Other highlights of Saturday’s panel included the appearance of an unusually emotional Harrison Ford during the Lucasfilm section, the 80-year-old actor taking to the stage alongside co-star Phoebe Waller-Bridge and director James Mangold to discuss the upcoming fifth Indiana Jones film. A key takeaway was the movie’s apparent title: out in June 2023, it seems to be called simply Indiana Jones. Ford said it was the last time he would play Henry Jones Jr, but described the new film as “fantastic”, and praised Waller-Bridge’s performance.
Footage suggested that the film will be partly set in the 1940s, with a younger version of Indy (though crucially still played by a de-aged Ford) once again taking on the Nazis. Waller-Bridge’s character, Helena, is described as a “foil” to Indy and seems to appear during the section of the film in which the intrepid archeologist is an older man.
The main highlight of the Marvel section of the panel was exclusive footage from the upcoming Black Panther: Wakanda Forever, in which it is revealed that the Earth’s nations have decided to try their luck at stealing some Vibranium from the technologically advanced African nation, apparently in the belief that they will no longer be at risk from getting duffed up by Chadwick Boseman’s King T’Challa.
The studio took the decision to kill off the title character following the death of Boseman from colon cancer in 2020, and cast members Angela Bassett, Winston Duke and Letitia Wright all paid tribute to their lost colleague from the D23 stage.

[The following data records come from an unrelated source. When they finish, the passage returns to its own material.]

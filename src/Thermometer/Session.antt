-- ===== src/Thermometer/Session.antt =====
-- The two files of the clock driver from the probe of a device to its removal and on.
use embedded_basecamp.Prelude.{
  ℕ, ◌≡◌, refl, Bool, true, false, List, [], ◌∷◌, map, ◌==◌, if◌then◌else◌,
}
use embedded_basecamp.Prelude.Int.{ℤ}
use embedded_basecamp.Thermometer.{
  reg_sec, reg_min, reg_hour, reg_temp_h, Bus, Data, to_char, ds_read_data, ds_time_show,
  fahrenheit, Shown, celsius_shown, fahrenheit_shown, no_unit, ds_temp_show, ds3231_probe,
  ds3231_remove,
}

-- A read of one of the two files, with the bus at that moment.
pub data Request : Type 0 where
  time_file : Bus → Request
  temp_file : Bus → Request

pub data Answer : Type 0 where
  time_shown : ℕ × ℕ × ℕ → Answer
  temp_shown : Shown → Answer

-- What the files answer to a sequence of reads, and the data then. `unit` is the first character of
-- param1.
abbrev pub show : (unit : ℕ) → Request → Data → Answer × Data
show unit (time_file bus) d = let (t, d') = ds_time_show bus d in (time_shown t, d')
show unit (temp_file bus) d = let (t, d') = ds_temp_show bus unit d in (temp_shown t, d')

abbrev pub show_all : (unit : ℕ) → List Request → Data → List Answer × Data
show_all unit [] d = ([], d)
show_all unit (r ∷ rs) d =
    let (answer, d') = show unit r d in
    let (answers, d'') = show_all unit rs d' in (answer ∷ answers, d'')

-- The time and the temperature that a bus delivers.
pub record Reading : Type 0 where
  pub hour : ℕ
  pub min : ℕ
  pub sec : ℕ
  pub temp : ℤ

abbrev pub delivered : Bus → Reading
delivered bus = record {
  hour = to_char (bus reg_hour);
  min = to_char (bus reg_min);
  sec = to_char (bus reg_sec);
  temp = bus reg_temp_h;
}

-- What is to be answered of a reading.
abbrev pub answer : (unit : ℕ) → Request → Reading → Answer
answer unit (time_file bus) g = time_shown (g.hour, g.min, g.sec)
answer unit (temp_file bus) g = temp_shown (
    if unit == 67
    then celsius_shown g.temp
    else (if unit == 70 then fahrenheit_shown (fahrenheit g.temp) else no_unit))

abbrev pub bus_of : Request → Bus
bus_of (time_file bus) = bus
bus_of (temp_file bus) = bus

-- The bus of the last request, or `first`.
abbrev pub last_bus : Bus → List Request → Bus
last_bus first [] = first
last_bus first (r ∷ rs) = last_bus (bus_of r) rs

abbrev held : Bool → Reading → Data
held client g = record {
  drv_client = client;
  sec = g.sec;
  min = g.min;
  hour = g.hour;
  temp = g.temp;
}

show_connected :
    (unit : ℕ) (r : Request) (g : Reading)
    → show unit r (held true g)
      ≡ (answer unit r (delivered (bus_of r)), held true (delivered (bus_of r)))
unfolding ds_time_show ds_temp_show ds_read_data
show_connected unit (time_file bus) g = refl
show_connected unit (temp_file bus) g = refl

show_removed :
    (unit : ℕ) (r : Request) (g : Reading)
    → show unit r (held false g) ≡ (answer unit r g, held false g)
unfolding ds_time_show ds_temp_show ds_read_data
show_removed unit (time_file bus) g = refl
show_removed unit (temp_file bus) g = refl

show_all_connected :
    (unit : ℕ) (rs : List Request) (first : Bus)
    → show_all unit rs (held true (delivered first)) ≡ (
      map (λ r. answer unit r (delivered (bus_of r))) rs,
      held true (delivered (last_bus first rs)),
    )
show_all_connected unit [] first = refl
show_all_connected unit (r ∷ rs) first =
    rw (show_connected unit r (delivered first), show_all_connected unit rs (bus_of r)) refl

show_all_removed :
    (unit : ℕ) (rs : List Request) (g : Reading)
    → show_all unit rs (held false g) ≡ (map (λ r. answer unit r g) rs, held false g)
show_all_removed unit [] g = refl
show_all_removed unit (r ∷ rs) g = rw (show_removed unit r g, show_all_removed unit rs g) refl

-- From the probe of a device on, each read of a file answers what the bus delivers then. After the
-- removal of the device, whose error the files do not look at, each read answers what the last read
-- before it has answered from, or the probe if there was none.
pub show_all-remove :
    (unit : ℕ) (first : Bus) (before after : List Request) (d : Data)
    → let (answers, d1) = show_all unit before (ds3231_probe first d).1 in
      let (stale, d2) = show_all unit after (ds3231_remove d1).1 in
      (answers ≡ map (λ r. answer unit r (delivered (bus_of r))) before)
      × (stale ≡ map (λ r. answer unit r (delivered (last_bus first before))) after)
unfolding ds3231_probe ds3231_remove ds_read_data
show_all-remove unit first before after d =
    rw
      (
        show_all_connected unit before first,
        show_all_removed unit after (delivered (last_bus first before)),
      )
      (refl, refl)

In the footage, it looks like western nations have got it pretty wrong if they think Wakanda is in a weakened state: badass members of the country’s all-female Dora Milaje special forces turn up to easily shut down the attack, and Bassett’s Queen Ramonda regally parades the interlopers at a United Nations style international conference.
Marvel wasn’t ready to show footage from its upcoming Thunderbolts film, but the appearance of Stranger Things actor David Harbour, aka the Red Guardian, drew one of the fan event’s largest roars of approval. For the first time it was revealed that the movie, Marvel’s answer to DC’s Suicide Squad, will feature a team of antiheroes comprising Red Guardian, Hannah John-Kamen’s Ghost, Wyatt Russell’s US Agent, Olga Kurylenko’s Taskmaster, Florence Pugh’s Yelena (Black Widow’s pugnacious little sister) and Sebastian Stan’s The Winter Soldier.
Marvel boss Kevin Feige told the audience: “It tells you everything you need to know about the Thunderbolts that the Winter Soldier is the most stable among them.” And indeed the movie, directed by Robot and Frank’s Jake Schreier, looks like it could have a hell of a time explaining how such an unhinged bunch of morally-comprised superheroes can possibly work together for the greater good. It ought to be fun finding out.
• This article was amended on 12 September 2022 to correct the surname of the Stranger Things actor David Harbour.